[YOUR OBJECTIVE]
Say how many lines in the records contain the string "none". Nothing but the number should be given.

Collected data
_ _ _ _ _ _ _
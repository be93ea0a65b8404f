-- ===== src/Lock/Answers.antt =====
-- What the threads that wait for a node are told, and what they have then.
use mathlib.Core.Path.{subst}
use reiser.Base.{
  ℕ, ◌≤◌, ◌<◌, ◌≡◌, refl, ap, ◌∙◌, Bool, true, false, none, some, List, [], ◌∷◌, ◌++◌, if_cases,
  Bool-cases, inl, inr, ◌==◌, put_at, count, arith,
}
use reiser.Lock.State.{
  no_lock, Answer, ok, einval, e_repeat, e_deadlock, capture_failed, Stack, World,
  znode_is_write_locked,
}
use reiser.Lock.Primitives.{
  link_object, lock_object, can_lock_object, del_requestor, remove_lock_request, finish_request,
}
use reiser.Lock.Longterm.{
  invalidate_requests, invalidate_all_lock_requests, dispatch, dispatch_lock_requests,
}
use reiser.Lock.System.{Sound}
use reiser.Lock.Queues.{queued-node, finish-Sound, finish-queue}
use reiser.Lock.Handles.{Holds, node_of}

node_of-append :
    (h n : ℕ) (ls : List (ℕ × ℕ)) → node_of h ls ≡ none → node_of h (ls ++ (h, n) ∷ []) ≡ some n
node_of-append h n [] e = ground arith
node_of-append h n ((k, m) ∷ ls) e = elim (Bool-cases (k == h)) [
  | inl d ↦ absurd (ground (arith, e, d))
  | inr d ↦ ground (arith, d, node_of-append h n ls (ground (arith, e, d)))
]

lock_object-Holds :
    (w : World) (t : ℕ)
    → let request = (w.stacks t).request in
      node_of request.handle (w.stacks t).locks ≡ none
      → Holds (lock_object w t) request.handle t request.node
unfolding lock_object link_object
lock_object-Holds w t e =
    let request = (w.stacks t).request in
    let at_node : (request.node == request.node) ≡ true = ground arith in
    let at_thread : (t == t) ≡ true = ground arith in
    let at_handle : (request.handle == request.handle) ≡ true = ground arith in
    (
      rw (at_node, at_handle),
      rw (at_thread, node_of-append request.handle request.node (w.stacks t).locks e),
    )

-- The request of a thread is done, and the thread is woken.
abbrev pub IsAnswered : World → ℕ → Answer → Type 0
IsAnswered w t answer =
    ((w.stacks t).request.mode ≡ no_lock)
    × ((w.stacks t).request.ret_code ≡ answer)
    × ((w.stacks t).wakeup ≡ true)

finish-IsAnswered :
    (w : World) (t : ℕ) (answer : Answer) → IsAnswered (finish_request w t answer) t answer
unfolding finish_request
finish-IsAnswered w t answer =
    let s = w.stacks t in
    let s' = record s {
      request = record s.request { ret_code = answer; mode = no_lock };
      wakeup = true;
    } in
    let e = put_at w.stacks t s' in
    (
      ap (λ (s : Stack). s.request.mode) e,
      ap (λ (s : Stack). s.request.ret_code) e,
      ap (λ (s : Stack). s.wakeup) e,
    )

-- The end of a request is seen by its thread only.
other-finish :
    (w : World) (t u : ℕ) (answer : Answer)
    → (u == t) ≡ false
    → (finish_request (remove_lock_request w t) t answer).stacks u ≡ w.stacks u
unfolding finish_request remove_lock_request
other-finish w t u answer e = rw e

other-granted :
    (w : World) (t u : ℕ)
    → (u == t) ≡ false
    → (finish_request (remove_lock_request (lock_object w t) t) t ok).stacks u ≡ w.stacks u
unfolding finish_request remove_lock_request lock_object link_object
other-granted w t u e = rw e

dispatch-other :
    (us : List ℕ) (w : World) (me n t : ℕ)
    → count t us ≡ 0
    → (dispatch me n us w).stacks t ≡ w.stacks t
unfolding dispatch
dispatch-other [] w me n t h = refl
dispatch-other (u ∷ us) w me n t h =
    let granted = finish_request (remove_lock_request (lock_object w u) u) u ok in
    let skipped = dispatch-other us w me n t (omega (arith, h)) in
    if_cases (λ (w' : World). w'.stacks t ≡ w.stacks t) (znode_is_write_locked (w.zlocks n) me)
      (λ d. refl)
      (λ d.
        elim (can_lock_object w u)
          as (λ (x : Answer).
            (dispatch me n us (elim x as (λ y. World) [ ok ↦ granted | _ ↦ w ])).stacks t
            ≡ w.stacks t) [
              | ok ↦
                  dispatch-other us granted me n t (omega (arith, h))
                  ∙ other-granted w u t (ground (arith, h))
              | einval ↦ skipped
              | e_repeat ↦ skipped
              | e_deadlock ↦ skipped
              | capture_failed k ↦ skipped
            ])

invalidate-other :
    (us : List ℕ) (w : World) (t : ℕ)
    → count t us ≡ 0
    → (invalidate_requests us w).stacks t ≡ w.stacks t
unfolding invalidate_requests
invalidate-other [] w t h = refl
invalidate-other (u ∷ us) w t h =
    invalidate-other us (finish_request (remove_lock_request w u) u einval) t (omega arith)
    ∙ other-finish w u t einval (ground arith)

dispatch-granted :
    (w : World) (me n t : ℕ) (us : List ℕ)
    → znode_is_write_locked (w.zlocks n) me ≡ false
    → can_lock_object w t ≡ ok
    → dispatch me n (t ∷ us) w
      ≡ dispatch me n us (finish_request (remove_lock_request (lock_object w t) t) t ok)
unfolding dispatch
dispatch-granted w me n t us free e =
    let granted = finish_request (remove_lock_request (lock_object w t) t) t ok in
    if_cases (λ (w' : World). w' ≡ dispatch me n us granted) (znode_is_write_locked (w.zlocks n) me)
      (λ d. absurd (ground (arith, d, free)))
      (λ d.
        ap (λ (x : Answer). dispatch me n us (elim x as (λ y. World) [ ok ↦ granted | _ ↦ w ])) e)

finish-locks :
    (w : World) (t : ℕ) (answer : Answer)
    → ((finish_request (remove_lock_request w t) t answer).stacks t).locks ≡ (w.stacks t).locks
unfolding finish_request remove_lock_request
finish-locks w t answer = let e : (t == t) ≡ true = ground arith in rw e

-- In a state that is sound (IsSound), the first request of the queue of a node, if it may lock the
-- node with a handle that its thread does not use yet, and if the thread that dispatches does not
-- hold the node for writing, is answered with success, its thread is woken, and its handle is among
-- the locks of its thread.
pub dispatch_first :
    {asleep : ℕ → Bool} (w : World) (me n t : ℕ) (us : List ℕ)
    → Sound asleep w
    → (w.zlocks n).requestors ≡ t ∷ us
    → znode_is_write_locked (w.zlocks n) me ≡ false
    → can_lock_object w t ≡ ok
    → node_of (w.stacks t).request.handle (w.stacks t).locks ≡ none
    → let w' = dispatch_lock_requests w me n in
      IsAnswered w' t ok × (node_of (w.stacks t).request.handle (w'.stacks t).locks ≡ some n)
unfolding dispatch_lock_requests
dispatch_first w me n t us v queue free e fresh =
    let locked = lock_object w t in
    let granted = finish_request (remove_lock_request locked t) t ok in
    let once : count t us ≡ 0 = ground (arith, ap (count t) queue, v.view.queued n t) in
    let same : (dispatch me n us granted).stacks t ≡ granted.stacks t =
      dispatch-other us granted me n t once in
    let whole : dispatch me n (w.zlocks n).requestors w ≡ dispatch me n us granted =
      ap (λ qs. dispatch me n qs w) queue ∙ dispatch-granted w me n t us free e in
    let all : (dispatch_lock_requests w me n).stacks t ≡ granted.stacks t =
      ap (λ (w' : World). w'.stacks t) whole ∙ same in
    let done = finish-IsAnswered (remove_lock_request locked t) t ok in
    (
      (
        ap (λ (s : Stack). s.request.mode) all ∙ done.0,
        ap (λ (s : Stack). s.request.ret_code) all ∙ done.1,
        ap (λ (s : Stack). s.wakeup) all ∙ done.2,
      ),
      ap (λ (s : Stack). node_of (w.stacks t).request.handle s.locks) all
          ∙ ap (node_of (w.stacks t).request.handle) (finish-locks locked t ok)
          ∙ (lock_object-Holds w t fresh).1
          ∙ ap some (queued-node w v n t (ground (arith, ap (count t) queue))),
    )

invalidate-empty :
    {asleep : ℕ → Bool} (us : List ℕ) (w : World) (n : ℕ)
    → Sound asleep w
    → (w.zlocks n).requestors ≡ us
    → ((invalidate_requests us w).zlocks n).requestors ≡ []
unfolding invalidate_requests
invalidate-empty [] w n v e = e
invalidate-empty (t ∷ us) w n v e =
    let h : 1 ≤ count t (w.zlocks n).requestors = ground (arith, ap (count t) e) in
    let self : (t == t) ≡ true = ground arith in
    let first : del_requestor t (t ∷ us) ≡ us = (rw self) in
    invalidate-empty us (finish_request (remove_lock_request w t) t einval) n
      (finish-Sound w v n t einval h)
      (finish-queue w n t einval (queued-node w v n t h) ∙ ap (del_requestor t) e ∙ first)

invalidate-each :
    (us : List ℕ) (w : World) (t : ℕ)
    → count t us ≡ 1
    → IsAnswered (invalidate_requests us w) t einval
unfolding invalidate_requests
invalidate-each [] w t h = absurd (omega (arith, h))
invalidate-each (u ∷ us) w t h =
    let w' = finish_request (remove_lock_request w u) u einval in
    elim (Bool-cases (u == t)) [
      | inl d ↦
          let all = invalidate-other us w' t (ground (arith, h, d)) in
          let done : IsAnswered w' t einval =
            subst (λ k. IsAnswered (finish_request (remove_lock_request w k) k einval) t einval)
              {x = t} {y = u} (ground arith)
              (finish-IsAnswered (remove_lock_request w t) t einval) in
          (
            ap (λ (s : Stack). s.request.mode) all ∙ done.0,
            ap (λ (s : Stack). s.request.ret_code) all ∙ done.1,
            ap (λ (s : Stack). s.wakeup) all ∙ done.2,
          )
      | inr d ↦ invalidate-each us w' t (ground (arith, h, d))
    ]

-- In a state that is sound (IsSound), when all the requests for a node are invalidated, its queue
-- becomes empty, and each thread that was in it is woken and told that the node is invalid.
pub invalidate_all :
    {asleep : ℕ → Bool} (w : World) (n t : ℕ)
    → Sound asleep w
    → 0 < count t (w.zlocks n).requestors
    → let w' = invalidate_all_lock_requests w n in
      IsAnswered w' t einval × ((w'.zlocks n).requestors ≡ [])
unfolding invalidate_all_lock_requests
invalidate_all w n t v h = (
  invalidate-each (w.zlocks n).requestors w t (ground (arith, h, v.view.queued n t)),
  invalidate-empty (w.zlocks n).requestors w n v refl,
)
_ _ _ _ _ _ _
[THE COMPLETED TASK]
4